The lenders ended up with about 40 cents on the greenback, a supply following the case stated. Ares, in contrast, stored the $54 million it received from the warehouse sale, sources stated.
Lenders of America’s largest restaurant provide firm TriMark are additionally suing Ares in Manhattan Supreme Court over “a cannibalistic assault by one group of lenders in a syndicate against another.”
According to the lawsuit, Ares final yr lower a secret take care of money-losing TriMark to lend it $120 million.

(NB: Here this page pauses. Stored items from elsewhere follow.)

-- ===== src/Threads/Steps.antt =====
-- The steps of a Thread that is joined.
use tactility_halo.Base.{ℕ, ◌≡◌, inl, inr, refl, Bool, true, false, not, List, [], ◌∷◌}
use tactility_halo.Threads.{
  State, stopped, running, starting, TaskPhase, created, in_main, exiting, StartPhase, idle,
  creating, checking, testing, Thread, can_start, start_begin, start_create, start_check,
  start_test, main_begin, main_return, main_exit, destroy,
}
use tactility_halo.Threads.Actions.{
  Action, starts, creates, checks, destroys, task_runs, task_act, check_act, act, Joined, no_memory,
  Matches, Ends,
}

-- A Thread of these fields.
abbrev thread : List TaskPhase → StartPhase → State → Bool → ℕ → Bool → ℕ → Thread
thread ts p s h c m z = record {
  state = s;
  task_handle = h;
  callback_result = c;
  tasks = ts;
  starter = p;
  has_main_function = m;
  stack_size = z;
}

module _ (w c : ℕ) (m : Bool) (z : ℕ) (fits : can_start w m z ≡ true) where
  task_step :
      (lacking : Bool) (result : ℕ) (ts : List TaskPhase) (p : StartPhase) (s : State) (h : Bool)
      → Matches ts p s h
      → Ends w lacking (task_act result ts (thread ts p s h c m z))
  unfolding task_act main_begin main_return main_exit
  task_step l result [] p s h valid = inl (_, refl, (valid, fits))
  task_step l result (created ∷ []) idle s h valid =
      inl (thread (in_main ∷ []) idle running h c m z, rw (valid.0), ((refl, valid.1), fits))
  task_step l result (in_main ∷ []) idle s h valid =
      inl (thread (exiting ∷ []) idle stopped h result m z, rw (valid.0), ((refl, valid.1), fits))
  task_step l result (exiting ∷ []) idle s h valid = inl (_, refl, ((valid.0, refl), fits))
  task_step l result (created ∷ []) checking s h valid =
      inl (thread (in_main ∷ []) checking running h c m z, rw (valid.0), ((refl, valid.1), fits))
  task_step l result (in_main ∷ []) checking s h valid =
      inl
        (thread (exiting ∷ []) checking stopped h result m z, rw (valid.0), ((refl, valid.1), fits))
  task_step l result (exiting ∷ []) checking s h valid = inl (_, refl, ((valid.0, refl), fits))
  task_step l result (created ∷ []) testing s h valid =
      inl (thread (in_main ∷ []) testing running h c m z, rw (valid.0), ((refl, valid.1), fits))
  task_step l result (in_main ∷ []) testing s h valid =
      inl
        (thread (exiting ∷ []) testing stopped h result m z, rw (valid.0), ((refl, valid.1), fits))
  task_step l result (exiting ∷ []) testing s h valid = inl (_, refl, ((valid.0, refl), fits))
  task_step l result (created ∷ []) creating s h valid = elim valid [ ]
  task_step l result (created ∷ (_ ∷ _)) p s h valid = elim valid [ ]
  task_step l result (in_main ∷ []) creating s h valid = elim valid [ ]
  task_step l result (in_main ∷ (_ ∷ _)) p s h valid = elim valid [ ]
  task_step l result (exiting ∷ []) creating s h valid = elim valid [ ]
  task_step l result (exiting ∷ (_ ∷ _)) p s h valid = elim valid [ ]

  check_step :
      (lacking : Bool) (ts : List TaskPhase) (p : StartPhase) (s : State) (h : Bool)
      → Matches ts p s h
      → Ends w lacking (check_act p (thread ts p s h c m z))
  unfolding check_act start_check start_test
  check_step l ts idle s h valid = inl (_, refl, (valid, fits))
  check_step l ts creating s h valid = inl (_, refl, (valid, fits))
  check_step l [] checking s h valid = inl (thread [] idle s h c m z, rw (valid.0), (valid, fits))
  check_step l (exiting ∷ []) checking s h valid =
      inl (thread (exiting ∷ []) idle s h c m z, rw (valid.0), (valid, fits))
  check_step l (created ∷ []) checking s h valid =
      inl (thread (created ∷ []) testing s h c m z, rw (valid.0), (valid, fits))
  check_step l (in_main ∷ []) checking s h valid =
      inl (thread (in_main ∷ []) testing s h c m z, rw (valid.0), (valid, fits))
  check_step l [] testing s h valid = inr (inr (rw (valid.1)))
  check_step l (created ∷ []) testing s h valid =
      inl (thread (created ∷ []) idle s h c m z, rw (valid.1), (valid, fits))
  check_step l (created ∷ (_ ∷ _)) checking s h valid = elim valid [ ]
  check_step l (created ∷ (_ ∷ _)) testing s h valid = elim valid [ ]
  check_step l (in_main ∷ []) testing s h valid =
      inl (thread (in_main ∷ []) idle s h c m z, rw (valid.1), (valid, fits))
  check_step l (in_main ∷ (_ ∷ _)) checking s h valid = elim valid [ ]
  check_step l (in_main ∷ (_ ∷ _)) testing s h valid = elim valid [ ]
  check_step l (exiting ∷ []) testing s h valid =
      inl (thread (exiting ∷ []) idle s h c m z, rw (valid.1), (valid, fits))
  check_step l (exiting ∷ (_ ∷ _)) checking s h valid = elim valid [ ]
  check_step l (exiting ∷ (_ ∷ _)) testing s h valid = elim valid [ ]

  starts_step :
      (lacking : Bool) (ts : List TaskPhase) (s : State) (h : Bool)
      → Matches ts idle s h
      → Ends w lacking (act w (starts true) idle (thread ts idle s h c m z))
  unfolding act start_begin
  starts_step l [] s h valid =
      inl
        (thread [] creating starting h c m z, rw (valid.0, valid.1, fits), ((refl, valid.1), fits))
  starts_step l (created ∷ []) s h valid =
      inl (thread (created ∷ []) idle s h c m z, rw (valid.1), (valid, fits))
  starts_step l (created ∷ (_ ∷ _)) s h valid = elim valid [ ]
  starts_step l (in_main ∷ []) s h valid =
      inl (thread (in_main ∷ []) idle s h c m z, rw (valid.1), (valid, fits))
  starts_step l (in_main ∷ (_ ∷ _)) s h valid = elim valid [ ]
  starts_step l (exiting ∷ []) s h valid =
      inl (thread (exiting ∷ []) idle s h c m z, rw (valid.1), (valid, fits))
  starts_step l (exiting ∷ (_ ∷ _)) s h valid = elim valid [ ]

  destroys_step :
      (lacking : Bool) (ts : List TaskPhase) (s : State) (h : Bool)
      → Matches ts idle s h
      → Ends w lacking (act w (destroys true) idle (thread ts idle s h c m z))
  unfolding act destroy
  destroys_step l [] s h valid =
      inl (thread [] idle s h c m z, rw (valid.0, valid.1), (valid, fits))
  destroys_step l (created ∷ []) s h valid =
      inl (thread (created ∷ []) idle s h c m z, rw (valid.1), (valid, fits))
  destroys_step l (created ∷ (_ ∷ _)) s h valid = elim valid [ ]
  destroys_step l (in_main ∷ []) s h valid =
      inl (thread (in_main ∷ []) idle s h c m z, rw (valid.1), (valid, fits))
  destroys_step l (in_main ∷ (_ ∷ _)) s h valid = elim valid [ ]
  destroys_step l (exiting ∷ []) s h valid =
      inl (thread (exiting ∷ []) idle s h c m z, rw (valid.1), (valid, fits))
  destroys_step l (exiting ∷ (_ ∷ _)) s h valid = elim valid [ ]

  creates_step :
      (succeeds : Bool) (ts : List TaskPhase) (s : State) (h : Bool)
      → Matches ts creating s h
      → Ends w (not succeeds) (act w (creates succeeds) creating (thread ts creating s h c m z))
  unfolding act start_create
  creates_step true [] s h valid = inl (_, refl, ((valid.0, refl), fits))
  creates_step false ts s h valid = inr (inl (refl, refl))
  creates_step true (created ∷ []) s h valid = elim valid [ ]
  creates_step true (created ∷ (_ ∷ _)) s h valid = elim valid [ ]
  creates_step true (in_main ∷ []) s h valid = elim valid [ ]
  creates_step true (in_main ∷ (_ ∷ _)) s h valid = elim valid [ ]
  creates_step true (exiting ∷ []) s h valid = elim valid [ ]
  creates_step true (exiting ∷ (_ ∷ _)) s h valid = elim valid [ ]

  pub action_step :
      (action : Action) (ts : List TaskPhase) (p : StartPhase) (s : State) (h : Bool)
      → Joined action
      → Matches ts p s h
      → Ends w (no_memory action) (act w action p (thread ts p s h c m z))
  unfolding act
  action_step (starts joins) ts idle s h joined valid = rw joined (starts_step false ts s h valid)
  action_step (destroys joins) ts idle s h joined valid =
      rw joined (destroys_step false ts s h valid)
  action_step (creates succeeds) ts creating s h joined valid = creates_step succeeds ts s h valid
  action_step checks ts p s h joined valid = check_step false ts p s h valid
  action_step (task_runs result) ts p s h joined valid = task_step false result ts p s h valid
  action_step (starts joins) ts creating s h joined valid = inl (_, refl, (valid, fits))
  action_step (starts joins) ts checking s h joined valid = inl (_, refl, (valid, fits))
  action_step (starts joins) ts testing s h joined valid = inl (_, refl, (valid, fits))
  action_step (destroys joins) ts creating s h joined valid = inl (_, refl, (valid, fits))
  action_step (destroys joins) ts checking s h joined valid = inl (_, refl, (valid, fits))
  action_step (destroys joins) ts testing s h joined valid = inl (_, refl, (valid, fits))
  action_step (creates succeeds) ts idle s h joined valid = inl (_, refl, (valid, fits))
  action_step (creates succeeds) ts checking s h joined valid = inl (_, refl, (valid, fits))
  action_step (creates succeeds) ts testing s h joined valid = inl (_, refl, (valid, fits))
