-- ===== src/Threads/Life.antt =====
-- Histories of a Thread that is started and joined.
use tactility_halo.Base.{ℕ, inl, inr, refl, List, [], ◌∷◌, arith}
use tactility_halo.Threads.{Thread}
use tactility_halo.Threads.Actions.{Action, run, Joins, lacks_memory, IsValid, Ends}
use tactility_halo.Threads.Steps.{action_step}

-- When a valid Thread is joined in front of each start and in front of its destruction, no assertion
-- fails, whatever the main functions return and however the task and the owner interleave. The
-- history ends in a valid Thread, whose fields tell where its only task is, unless a task cannot be
-- created, or the last check of `start` fails, which reads the state and then the handle.
pub run_joined :
    (word_size : ℕ) (actions : List Action) (t : Thread)
    → Joins actions
    → IsValid word_size t
    → Ends word_size (lacks_memory actions) (run word_size actions t)
unfolding run
run_joined w [] t joins valid = inl (t, refl, valid)
run_joined w (action ∷ rest) t joins valid =
    elim (action_step w t.callback_result t.has_main_function t.stack_size valid.1 action t.tasks
      t.starter t.state t.task_handle joins.0 valid.0) [
        | inl (t', acted, valid') ↦ elim (run_joined w rest t' joins.1 valid') [
          | inl (last, ran, valid'') ↦ inl (last, rw (run, acted, ran) refl, valid'')
          | inr (inl (lacking, ran)) ↦ inr (inl (ground arith, rw (run, acted, ran) refl))
          | inr (inr ran) ↦ inr (inr (rw (run, acted, ran) refl))
        ]
        | inr (inl (lacking, acted)) ↦ inr (inl (ground arith, rw (run, acted) refl))
        | inr (inr acted) ↦ inr (inr (rw (run, acted) refl))
      ]
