-- ===== src/Threads/Tests.antt =====
-- Histories of a Thread and runs of `join` at fixed inputs.
use tactility_halo.Base.{
  ℕ, ◌≡◌, ◌+◌, ◌%◌, ◌^◌, ltb, refl, Bool, true, false, List, [], ◌∷◌, some, arith,
}
use tactility_halo.Threads.{
  stopped, idle, Thread, assertion, started_check, fails, can_start, start_begin, start_create,
  start_check, start_test, main_begin, main_return, main_exit, destroy, Surroundings, join_loop,
  join,
}
use tactility_halo.Threads.Actions.{
  Action, starts, creates, checks, destroys, task_runs, task_act, check_act, act, run, lacks_memory,
  Ends,
}
use tactility_halo.Threads.Life.{run_joined}
use tactility_halo.Threads.Joining.{Ends as JoinEnds, Clocks, join_lem}

-- `StackType_t` has one byte.
abbrev fresh : Thread
fresh = record {
  state = stopped;
  task_handle = false;
  callback_result = 0;
  tasks = [];
  starter = idle;
  has_main_function = true;
  stack_size = 4096;
}

-- The task runs before `start` has returned, and the Thread is destroyed while the task ends.
abbrev early : List Action
early =
    starts true
    ∷ creates true
    ∷ task_runs 0
    ∷ checks
    ∷ checks
    ∷ task_runs 7
    ∷ destroys true
    ∷ task_runs 0
    ∷ destroys true
    ∷ []

run_joined_example : Ends 1 (lacks_memory early) (run 1 early fresh)
unfolding can_start
run_joined_example =
    run_joined 1 early fresh (refl, (tt, (tt, (tt, (tt, (tt, (refl, (tt, (refl, tt)))))))))
      ((refl, refl), refl)

-- The task ends between the two reads of the last check of `start`, which then fails.
ended_early :
    run 1
      (starts true ∷ creates true ∷ task_runs 0 ∷ checks ∷ task_runs 7 ∷ task_runs 0 ∷ checks ∷ [])
      fresh
    ≡ fails started_check
unfolding run act task_act check_act can_start start_begin start_create start_check start_test
    main_begin main_return main_exit
ended_early = refl

-- Without `join`, the end of the first task deletes the handle of the second one, so that a later
-- `join` does not wait, and the destruction fails.
restarted :
    run 1
      (starts false
        ∷ creates true
        ∷ task_runs 0
        ∷ checks
        ∷ checks
        ∷ task_runs 7
        ∷ starts false
        ∷ creates true
        ∷ checks
        ∷ checks
        ∷ task_runs 0
        ∷ destroys true
        ∷ [])
      fresh
    ≡ fails assertion
unfolding run act task_act check_act can_start start_begin start_create start_check start_test
    main_begin main_return main_exit destroy
restarted = refl

-- The surroundings are the time; there is a handle up to the tick 5.
abbrev around : Surroundings ℕ
around = record {
  has_handle = λ e. ltb e 5;
  delay_ticks = λ p e. e + p;
  get_ticks = λ e. e % 2 ^ 32;
}

abbrev clocks : Clocks around 0
clocks = record {
  time = λ e. e;
  ticks = λ e. refl;
  waits = λ p e. omega arith;
  in_time = λ p e. omega arith;
}

join_lem_example : (r : ℕ × Bool) × (join around 3 2 0 ≡ some r) × JoinEnds around 0 clocks 3 2 0 r
join_lem_example = join_lem around 0 clocks 3 2 0 (omega arith) (omega arith)

joined_late : join around 3 2 0 ≡ some (4, false)
unfolding join join_loop
joined_late = refl

joined : join around 9 2 0 ≡ some (6, true)
unfolding join join_loop
joined = refl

In alternate, TriMark agreed to separate its senior lenders, transferring those that lent it new cash into a brand new mortgage group to be paid off in chapter forward of the opposite senior lenders.
Those omitted of the deal, like hedge fund BlueMountain, noticed the worth of their loans rapidly fall from about 78 cents on the greenback to 50 cents.
Meanwhile, the worth of the loans in the Ares group rose in worth, allegedly giving them an instantaneous $68 million revenue, overlaying greater than half of their new TriMark mortgage.
Ares has denied any wrongdoing. “This transaction was supported by a majority of the existing lenders,” it stated in a press release.
But Judge Joel Cohen on April 12 denied the defendant’s movement to dismiss. And consultants say lenders are proper to be upset.
“The type of asset-stripping that’s been happening recently goes beyond hardball,” stated lawyer David Elsberg of Selendy & Gay. “(It) unfairly upends the lenders’ expectations about the bargain they made and the risks they believed they were taking when they decided to buy the bonds in the first place,” he stated of Ares’ restructurings in basic.
Speaking in a May Ares promotional video, Ressler stated, “We have an obsession on performance.” But it seems to be having hassle elevating cash.
Ares final raised an $8 billion flagship non-public fairness fund in 2017. That fund has a 4.8 % web annual fee of return as of March 31, 2021 — properly beneath what traders would possibly get from the S&P 500 throughout the identical time interval.
Ressler’s agency has been attempting to lift an even bigger $9.5 billion fund for not less than 12 months, however has not but held a last closing, sources stated.
An Ares spokesman wouldn’t touch upon the fundraising, however stated Ares has doubled its belongings beneath administration from simply 4 years in the past.